Saved entries
======
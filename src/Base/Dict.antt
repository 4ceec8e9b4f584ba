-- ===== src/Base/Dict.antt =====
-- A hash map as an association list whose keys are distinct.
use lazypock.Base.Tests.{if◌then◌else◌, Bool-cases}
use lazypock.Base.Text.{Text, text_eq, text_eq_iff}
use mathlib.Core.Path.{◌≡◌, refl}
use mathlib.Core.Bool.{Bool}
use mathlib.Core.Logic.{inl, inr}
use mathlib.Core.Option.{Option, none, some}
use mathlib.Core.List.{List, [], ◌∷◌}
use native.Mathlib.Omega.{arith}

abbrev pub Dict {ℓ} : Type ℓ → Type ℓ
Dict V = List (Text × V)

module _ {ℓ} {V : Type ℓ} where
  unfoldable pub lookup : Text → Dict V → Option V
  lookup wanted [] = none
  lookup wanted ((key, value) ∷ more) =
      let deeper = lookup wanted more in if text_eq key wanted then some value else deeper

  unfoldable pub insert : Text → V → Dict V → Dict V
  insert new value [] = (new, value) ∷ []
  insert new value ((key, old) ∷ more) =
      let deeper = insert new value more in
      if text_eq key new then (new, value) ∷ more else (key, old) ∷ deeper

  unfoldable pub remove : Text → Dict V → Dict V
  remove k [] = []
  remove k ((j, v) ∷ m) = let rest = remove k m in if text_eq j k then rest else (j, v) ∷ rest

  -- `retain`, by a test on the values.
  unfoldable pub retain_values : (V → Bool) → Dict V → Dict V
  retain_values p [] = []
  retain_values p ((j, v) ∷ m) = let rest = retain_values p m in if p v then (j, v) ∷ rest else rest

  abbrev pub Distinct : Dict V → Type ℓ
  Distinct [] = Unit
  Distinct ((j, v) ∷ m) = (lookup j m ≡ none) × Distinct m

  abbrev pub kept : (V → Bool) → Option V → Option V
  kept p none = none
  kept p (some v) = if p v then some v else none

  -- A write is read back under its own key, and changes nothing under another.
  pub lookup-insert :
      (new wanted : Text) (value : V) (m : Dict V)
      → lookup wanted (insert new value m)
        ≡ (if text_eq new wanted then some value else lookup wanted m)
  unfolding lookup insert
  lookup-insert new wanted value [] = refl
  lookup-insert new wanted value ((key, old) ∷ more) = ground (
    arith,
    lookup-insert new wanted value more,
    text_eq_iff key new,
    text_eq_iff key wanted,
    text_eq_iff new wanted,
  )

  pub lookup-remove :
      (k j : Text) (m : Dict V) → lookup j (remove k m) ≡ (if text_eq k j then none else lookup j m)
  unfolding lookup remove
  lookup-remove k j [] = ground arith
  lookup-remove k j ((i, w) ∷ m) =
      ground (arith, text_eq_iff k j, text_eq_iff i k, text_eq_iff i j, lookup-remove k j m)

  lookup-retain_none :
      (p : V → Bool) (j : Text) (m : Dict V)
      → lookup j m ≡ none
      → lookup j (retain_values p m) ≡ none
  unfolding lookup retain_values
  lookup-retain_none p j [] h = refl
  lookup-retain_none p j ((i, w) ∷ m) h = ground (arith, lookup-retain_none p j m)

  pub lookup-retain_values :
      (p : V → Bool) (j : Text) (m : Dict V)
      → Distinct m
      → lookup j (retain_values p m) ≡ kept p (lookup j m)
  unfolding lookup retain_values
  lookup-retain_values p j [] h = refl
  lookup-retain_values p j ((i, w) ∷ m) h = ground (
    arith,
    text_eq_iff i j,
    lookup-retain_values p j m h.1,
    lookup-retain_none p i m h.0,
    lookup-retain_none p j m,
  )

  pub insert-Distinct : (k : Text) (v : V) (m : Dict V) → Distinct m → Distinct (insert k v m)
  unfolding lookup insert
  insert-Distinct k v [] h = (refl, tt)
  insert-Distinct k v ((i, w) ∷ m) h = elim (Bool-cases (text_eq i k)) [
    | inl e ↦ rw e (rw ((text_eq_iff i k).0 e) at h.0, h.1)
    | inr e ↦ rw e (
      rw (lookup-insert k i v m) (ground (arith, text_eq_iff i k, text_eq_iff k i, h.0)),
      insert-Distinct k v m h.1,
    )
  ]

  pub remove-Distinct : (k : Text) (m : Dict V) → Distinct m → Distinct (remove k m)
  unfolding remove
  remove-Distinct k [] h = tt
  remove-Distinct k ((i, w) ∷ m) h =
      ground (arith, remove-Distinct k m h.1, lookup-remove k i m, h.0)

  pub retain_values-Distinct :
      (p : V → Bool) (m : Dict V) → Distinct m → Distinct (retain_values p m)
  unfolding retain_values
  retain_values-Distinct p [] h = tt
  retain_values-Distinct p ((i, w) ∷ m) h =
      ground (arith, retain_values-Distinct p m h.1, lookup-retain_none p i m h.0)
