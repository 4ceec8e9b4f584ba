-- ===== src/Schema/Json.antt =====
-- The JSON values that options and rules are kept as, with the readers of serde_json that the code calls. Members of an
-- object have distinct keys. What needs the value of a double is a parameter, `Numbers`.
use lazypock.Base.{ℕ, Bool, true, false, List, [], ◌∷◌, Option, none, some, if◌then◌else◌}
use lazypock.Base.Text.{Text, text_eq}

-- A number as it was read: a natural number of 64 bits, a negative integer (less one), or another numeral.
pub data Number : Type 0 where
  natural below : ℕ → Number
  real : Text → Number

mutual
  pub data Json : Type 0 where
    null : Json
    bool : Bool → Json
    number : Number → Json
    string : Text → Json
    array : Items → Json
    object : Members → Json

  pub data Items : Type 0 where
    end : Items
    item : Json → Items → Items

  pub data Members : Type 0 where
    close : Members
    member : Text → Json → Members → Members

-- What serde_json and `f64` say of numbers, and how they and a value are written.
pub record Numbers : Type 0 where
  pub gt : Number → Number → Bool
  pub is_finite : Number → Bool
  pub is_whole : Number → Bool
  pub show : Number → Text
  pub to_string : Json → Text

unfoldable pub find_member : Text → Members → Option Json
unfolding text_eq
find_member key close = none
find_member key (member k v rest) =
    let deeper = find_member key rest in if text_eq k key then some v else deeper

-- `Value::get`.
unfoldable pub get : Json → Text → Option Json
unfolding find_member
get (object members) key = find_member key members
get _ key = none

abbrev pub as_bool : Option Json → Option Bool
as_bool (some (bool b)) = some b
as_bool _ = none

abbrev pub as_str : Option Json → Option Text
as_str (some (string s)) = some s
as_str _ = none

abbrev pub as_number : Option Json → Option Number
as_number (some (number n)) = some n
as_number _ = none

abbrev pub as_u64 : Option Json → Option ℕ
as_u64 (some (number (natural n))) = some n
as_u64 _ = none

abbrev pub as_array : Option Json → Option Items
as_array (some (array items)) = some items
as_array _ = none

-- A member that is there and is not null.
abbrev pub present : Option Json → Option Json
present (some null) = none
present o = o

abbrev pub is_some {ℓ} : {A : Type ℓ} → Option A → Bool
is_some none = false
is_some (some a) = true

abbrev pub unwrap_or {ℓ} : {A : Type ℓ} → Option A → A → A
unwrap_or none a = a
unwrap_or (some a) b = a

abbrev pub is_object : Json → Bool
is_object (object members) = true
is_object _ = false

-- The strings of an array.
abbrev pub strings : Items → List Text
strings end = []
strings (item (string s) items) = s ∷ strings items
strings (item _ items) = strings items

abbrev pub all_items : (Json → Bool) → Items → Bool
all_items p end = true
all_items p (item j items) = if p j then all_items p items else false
======
All lines above from the one holding "present o = o" to the one holding "is_object (object members) = true", inclusive, are to be copied exactly; no other line is wanted.

present o = o

abbrev pub is_some {ℓ} : {A : Type ℓ} → Option A → Bool
is_some none = false
is_some (some a) = true

abbrev pub unwrap_or {ℓ} : {A : Type ℓ} → Option A → A → A
unwrap_or none a = a
unwrap_or (some a) b = a

abbrev pub is_object : Json → Bool
is_object (object members) = true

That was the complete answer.